Multi-input tag and ,multi-label output for token classification using Bert pretrained model

Hi, if I have a huggingface dataset where tokens are tagged with pos and possibly so that I have (token, pos, lemma, fine_pos, wordnet.word) and I want to produce for each token t labels like t1,t2, is there any tutorial or example of how to do it?
I apologize if this question is answered before, but I’ve been searching for an answer using transformers and pretrained bert and have not managed to find one.
Thank you.

Hey!

It looks like you’re trying to label tokens in a Hugging Face dataset, such as tagging each token with multiple labels like t1, t2, alongside POS tags. You can achieve this using Hugging Face’s transformers library with a pre-trained model like BERT. Here’s an approach to guide you:

  1. Dataset Preparation:

    • Make sure your dataset is in a format where each token is associated with its label (e.g., POS tag, other labels).
    • You can use Hugging Face’s datasets library to load and manipulate your dataset. If you’re working with token-level labels, your dataset might look like this:
      {
          'tokens': ['I', 'am', 'happy'],
          'labels': ['PRON', 'VERB', 'ADJ']
      }
      
  2. Tokenization:

    • Use a tokenizer like BertTokenizer from the transformers library to split the text into tokens and match each token with its corresponding label.
    • Keep in mind that tokenization can split words into subwords, so you need to handle this by ensuring that each subword receives the correct label.
    • Here’s an example of tokenizing and aligning labels:
      from transformers import BertTokenizer
      
      tokenizer = BertTokenizer.from_pretrained('bert-base-uncased')
      
      def align_labels_with_tokens(tokens, labels):
          encoding = tokenizer(tokens, truncation=True, padding=True, is_split_into_words=True)
          word_ids = encoding.word_ids()  # Maps tokens to words
      
          # Align labels with the tokenized words
          aligned_labels = [-100 if word_id is None else labels[word_id] for word_id in word_ids]
          return encoding, aligned_labels
      
      tokens = ['I', 'am', 'happy']
      labels = ['PRON', 'VERB', 'ADJ']
      
      encoding, aligned_labels = align_labels_with_tokens(tokens, labels)
      print(aligned_labels)
      
  3. Using Pretrained BERT:

    • You can use a pre-trained BERT model for token classification (e.g., for named entity recognition or POS tagging) and fine-tune it with your labeled dataset.
    • Example for token classification:
      from transformers import BertForTokenClassification, Trainer, TrainingArguments
      
      model = BertForTokenClassification.from_pretrained('bert-base-uncased', num_labels=3)
      
      # Prepare your dataset for the Trainer
      train_dataset = Dataset.from_dict({
          'input_ids': encoding['input_ids'],
          'attention_mask': encoding['attention_mask'],
          'labels': aligned_labels
      })
      
      training_args = TrainingArguments(
          output_dir='./results',
          num_train_epochs=3,
          per_device_train_batch_size=8,
          logging_dir='./logs',
      )
      
      trainer = Trainer(
          model=model,
          args=training_args,
          train_dataset=train_dataset,
      )
      
      trainer.train()
      
  4. Multi-Labeling:

    • If you want to produce multiple labels for each token (e.g., t1, t2), you can modify the label alignment strategy by extending the model to predict multiple labels per token.
    • You could use a multi-label classification approach (e.g., using a sigmoid activation function) to predict multiple labels per token.

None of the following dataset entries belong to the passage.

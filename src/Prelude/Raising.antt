-- ===== src/Prelude/Raising.antt =====
-- Code that may raise: a result or an error of one type `E`.
use mathlib.Core.Path.{◌≡◌, refl}
use mathlib.Core.Logic.{◌⊎◌, inl, inr}
use mathlib.Core.Bool.{Bool, true, false, not}

pub data Except (E A : Type 0) : Type 0 where
  ok : A → Except E A
  err : E → Except E A

infixl 5 ◌>>=◌ ◌>>◌
abbrev pub ◌>>=◌ : {E A B : Type 0} → Except E A → (A → Except E B) → Except E B
ok given >>= f = f given
err raised >>= f = err raised

abbrev pub ◌>>◌ : {E A B : Type 0} → Except E A → Except E B → Except E B
m >> k = m >>= λ _. k

-- `if test: raise e`
abbrev pub raise_if : {E : Type 0} → Bool → E → Except E (Unit {0})
raise_if true e = err e
raise_if false e = ok tt

-- `except E as error: raise f(error) from error`
abbrev pub raise_as : {E F A : Type 0} → (E → F) → Except E A → Except F A
raise_as f (ok a) = ok a
raise_as f (err e) = err (f e)

module _ {E A B : Type 0} where
  -- A chain that succeeds has two steps that succeed: what the first gives, and the second from it.
  pub >>=-eq-ok :
      (first : Except E A) (second : A → Except E B) {result : B}
      → (first >>= second) ≡ ok result
      → (given : A) × (first ≡ ok given) × (second given ≡ ok result)
  >>=-eq-ok (err raised) second whole = cc
  >>=-eq-ok (ok given) second whole = (given, refl, whole)

module _ {E : Type 0} where
  pub raise_if-eq-ok : (b : Bool) (e : E) → raise_if b e ≡ ok tt → b ≡ false
  raise_if-eq-ok true e h = cc
  raise_if-eq-ok false e h = refl

  pub raise_if-not-eq-ok : (b : Bool) (e : E) → raise_if (not b) e ≡ ok tt → b ≡ true
  raise_if-not-eq-ok true e h = refl
  raise_if-not-eq-ok false e h = cc

pub ok-injective : {E A : Type 0} {a b : A} → ◌≡◌ {A = Except E A} (ok a) (ok b) → a ≡ b
ok-injective h = cc

pub Except-cases :
    {E A : Type 0} (m : Except E A) → ((a : A) × (m ≡ ok a)) ⊎ ((e : E) × (m ≡ err e))
Except-cases (ok a) = inl (a, refl)
Except-cases (err e) = inr (e, refl)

This would require modifying the loss function and model architecture slightly.
  5. Resources:

    • Hugging Face provides a Token Classification tutorial which is a good starting point.
    • Look into datasets and metrics libraries for managing and evaluating your labeled dataset.

With this approach, you can train a pre-trained BERT model to output multiple labels per token and fine-tune it on your specific task. If you’re still having trouble, let me know, and I can help clarify further!